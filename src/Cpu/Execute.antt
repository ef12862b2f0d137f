-- ===== src/Cpu/Execute.antt =====
-- crates/vmrp-cpu/src/execute.rs: the condition check and the dispatch over instructions.
pub mod Common
pub mod Shifts
pub mod Exchange
pub mod Arithmetic
pub mod LongBranch
pub mod DataProcessing
pub mod Transfer
pub mod Branch
pub mod ThumbAlu
pub mod ThumbTransfer
use vmrp_rust.Prelude.{ℕ, ◌/◌, ◌%◌, ◌^◌, Bool, true, false, not, ◌&&◌, if◌then◌else◌}
use vmrp_rust.Word.{add32, field}
use vmrp_rust.Cpu.Cpsr.{ExecutionMode, is_arm}
use vmrp_rust.Cpu.Condition.{arm_condition_passed}
use vmrp_rust.Cpu.Memory.{MemoryBus}
use vmrp_rust.Cpu.Decode.{
  DecodedInstruction, block_transfer, branch, branch_exchange, branch_link_exchange_immediate,
  data_processing_immediate, data_processing_register, multiply, multiply_long,
  single_data_transfer_immediate, single_data_transfer_register, halfword_transfer_immediate,
  halfword_transfer_register, thumb_add_immediate, thumb_add_sub, thumb_adjust_sp,
  thumb_alu_register, thumb_branch, thumb_cmp_immediate, thumb_conditional_branch,
  thumb_shift_immediate, thumb_hi_register_op, thumb_literal_load, thumb_load_address,
  thumb_load_store_register_offset, thumb_load_store_multiple, thumb_load_store_sp_relative,
  thumb_load_store_byte_immediate, thumb_load_store_word_immediate, thumb_long_branch_prefix,
  thumb_long_branch_suffix, thumb_mov_immediate, thumb_pop, thumb_push, thumb_sub_immediate,
  unknown,
}
use vmrp_rust.Cpu.Machine.{
  Machine, Outcome, StepTrace, Exec, pure, ◌>>=◌, ◌>>◌, fail, unimplemented_instruction, cpsr, ok,
}
use Common.{advance}
use DataProcessing.{
  execute_data_processing_register, execute_data_processing_immediate, execute_multiply,
  execute_multiply_long,
}
use Transfer.{
  execute_arm_single_data_transfer, execute_single_data_transfer_register,
  execute_arm_halfword_transfer, execute_halfword_transfer_register, execute_block_transfer,
}
use Branch.{execute_branch, execute_branch_link_exchange_immediate, execute_branch_exchange}
use ThumbAlu.{
  execute_thumb_add_sub, execute_thumb_adjust_sp, execute_thumb_alu_register,
  execute_thumb_shift_immediate, execute_thumb_cmp_immediate, execute_thumb_long_branch_prefix,
  execute_thumb_long_branch_suffix, execute_thumb_branch, execute_thumb_conditional_branch,
  execute_thumb_hi_register_op, execute_thumb_load_address, execute_thumb_sub_immediate,
  execute_thumb_add_immediate, execute_thumb_mov_immediate,
}
use ThumbTransfer.{
  execute_thumb_literal_load, execute_thumb_load_store_register_offset,
  execute_thumb_load_store_sp_relative, execute_thumb_load_store_immediate,
  execute_thumb_load_store_multiple, execute_thumb_pop, execute_thumb_push,
}

-- `matches!(instruction, DecodedInstruction::BranchLinkExchangeImmediate { .. })`.
unfoldable pub is_unconditional : DecodedInstruction → Bool
is_unconditional (branch_link_exchange_immediate offset) = true
is_unconditional instruction = false

module _ {M : Type 0} ⦃bus : MemoryBus M⦄ where
  -- The `match instruction`.
  unfoldable pub perform : DecodedInstruction → ℕ → ExecutionMode → ℕ → Exec M (Unit {0})
  unfolding execute_block_transfer fail
  perform (block_transfer load pre_index add_offset write_back base register_mask) pc mode opcode =
      execute_block_transfer pc load pre_index add_offset write_back base register_mask
  perform (branch condition link offset) pc mode opcode = execute_branch pc link offset
  perform (branch_exchange link register) pc mode opcode =
      execute_branch_exchange pc mode link register
  perform (branch_link_exchange_immediate offset) pc mode opcode =
      execute_branch_link_exchange_immediate pc offset
  perform (data_processing_immediate op set_flags rn rd immediate) pc mode opcode =
      execute_data_processing_immediate op set_flags rn rd immediate pc opcode
  perform (data_processing_register op set_flags rn rd rm shift) pc mode opcode =
      execute_data_processing_register op set_flags rn rd rm shift pc mode
  perform (multiply accumulate set_flags rd rn rm rs) pc mode opcode =
      execute_multiply accumulate set_flags rd rn rm rs pc
  perform (multiply_long signed accumulate set_flags rd_hi rd_lo rm rs) pc mode opcode =
      execute_multiply_long signed accumulate set_flags rd_hi rd_lo rm rs pc
  perform (single_data_transfer_immediate load byte base rd offset add_offset pre_index write_back)
        pc mode opcode =
      execute_arm_single_data_transfer pc mode load byte base rd offset add_offset pre_index
        write_back
  perform (single_data_transfer_register load byte base rd rm shift add_offset pre_index write_back)
        pc mode opcode =
      execute_single_data_transfer_register pc mode load byte base rd rm shift add_offset pre_index
        write_back
  perform
        (halfword_transfer_immediate load signed halfword base rd offset add_offset pre_index
          write_back)
        pc mode opcode =
      execute_arm_halfword_transfer pc mode load signed halfword base rd offset add_offset pre_index
        write_back
  perform
        (halfword_transfer_register load signed halfword base rd rm add_offset pre_index write_back)
        pc mode opcode =
      execute_halfword_transfer_register pc mode load signed halfword base rd rm add_offset
        pre_index write_back
  perform (thumb_add_immediate rd immediate) pc mode opcode =
      execute_thumb_add_immediate pc rd immediate
  perform (thumb_add_sub sub rd rs operand) pc mode opcode =
      execute_thumb_add_sub pc sub rd rs operand
  perform (thumb_adjust_sp subtract immediate) pc mode opcode =
      execute_thumb_adjust_sp pc subtract immediate
  perform (thumb_alu_register op rd rs) pc mode opcode = execute_thumb_alu_register pc op rd rs
  perform (thumb_branch offset) pc mode opcode = execute_thumb_branch pc offset
  perform (thumb_cmp_immediate rn immediate) pc mode opcode =
      execute_thumb_cmp_immediate pc rn immediate
  perform (thumb_conditional_branch condition offset) pc mode opcode =
      execute_thumb_conditional_branch pc condition offset
  perform (thumb_shift_immediate rd rs shift) pc mode opcode =
      execute_thumb_shift_immediate pc rd rs shift
  perform (thumb_hi_register_op op rd rs) pc mode opcode = execute_thumb_hi_register_op pc op rd rs
  perform (thumb_literal_load rd offset) pc mode opcode = execute_thumb_literal_load pc rd offset
  perform (thumb_load_address sp rd offset) pc mode opcode =
      execute_thumb_load_address pc sp rd offset
  perform (thumb_load_store_register_offset load byte offset base rd) pc mode opcode =
      execute_thumb_load_store_register_offset pc load byte offset base rd
  perform (thumb_load_store_multiple load base register_mask) pc mode opcode =
      execute_thumb_load_store_multiple pc load base register_mask
  perform (thumb_load_store_sp_relative load rd offset) pc mode opcode =
      execute_thumb_load_store_sp_relative pc load rd offset
  perform (thumb_load_store_byte_immediate load base rd offset) pc mode opcode =
      execute_thumb_load_store_immediate pc true load base rd offset
  perform (thumb_load_store_word_immediate load base rd offset) pc mode opcode =
      execute_thumb_load_store_immediate pc false load base rd offset
  perform (thumb_long_branch_prefix offset) pc mode opcode =
      execute_thumb_long_branch_prefix pc offset
  perform (thumb_long_branch_suffix exchange offset) pc mode opcode =
      execute_thumb_long_branch_suffix pc exchange offset
  perform (thumb_mov_immediate rd immediate) pc mode opcode =
      execute_thumb_mov_immediate pc rd immediate
  perform (thumb_pop register_mask include_pc) pc mode opcode =
      execute_thumb_pop pc register_mask include_pc
  perform (thumb_push register_mask include_lr) pc mode opcode =
      execute_thumb_push pc register_mask include_lr
  perform (thumb_sub_immediate rd immediate) pc mode opcode =
      execute_thumb_sub_immediate pc rd immediate
  perform (unknown raw) pc mode opcode = fail (unimplemented_instruction pc mode raw)

  -- The condition of an ARM instruction, checked before the match.
  unfoldable pub perform_conditional :
      DecodedInstruction → ℕ → ExecutionMode → ℕ → Exec M (Unit {0})
  unfolding is_unconditional perform cpsr arm_condition_passed
  perform_conditional instruction pc mode opcode = do
    status ← cpsr
    if is_arm mode
          && not (is_unconditional instruction)
          && not (arm_condition_passed status (field opcode 28 4))
        then advance (add32 pc 4)
        else perform instruction pc mode opcode

  -- The trace holds the register writes of this instruction: the machine starts with none.
  unfoldable pub trace_of : ℕ → ExecutionMode → ℕ → Exec M StepTrace
  trace_of pc mode opcode s = (
    ok (record { pc = pc; mode = mode; opcode = opcode; register_writes = s.register_writes }),
    s,
  )

  unfoldable pub execute_instruction : DecodedInstruction → ℕ → ExecutionMode → ℕ → Exec M StepTrace
  unfolding perform_conditional trace_of
  execute_instruction instruction pc mode opcode = do
    perform_conditional instruction pc mode opcode
    trace_of pc mode opcode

Problem - Only one stretch of the data above is needed. Restate it word for word, from the line containing "perform (multiply_long signed" through the line containing "execute_halfword_transfer_register pc mode", both ends included.

Your solution -
  perform (multiply_long signed accumulate set_flags rd_hi rd_lo rm rs) pc mode opcode =
      execute_multiply_long signed accumulate set_flags rd_hi rd_lo rm rs pc
  perform (single_data_transfer_immediate load byte base rd offset add_offset pre_index write_back)
        pc mode opcode =
      execute_arm_single_data_transfer pc mode load byte base rd offset add_offset pre_index
        write_back
  perform (single_data_transfer_register load byte base rd rm shift add_offset pre_index write_back)
        pc mode opcode =
      execute_single_data_transfer_register pc mode load byte base rd rm shift add_offset pre_index
        write_back
  perform
        (halfword_transfer_immediate load signed halfword base rd offset add_offset pre_index
          write_back)
        pc mode opcode =
      execute_arm_halfword_transfer pc mode load signed halfword base rd offset add_offset pre_index
        write_back
  perform
        (halfword_transfer_register load signed halfword base rd rm add_offset pre_index write_back)
        pc mode opcode =
      execute_halfword_transfer_register pc mode load signed halfword base rd rm add_offset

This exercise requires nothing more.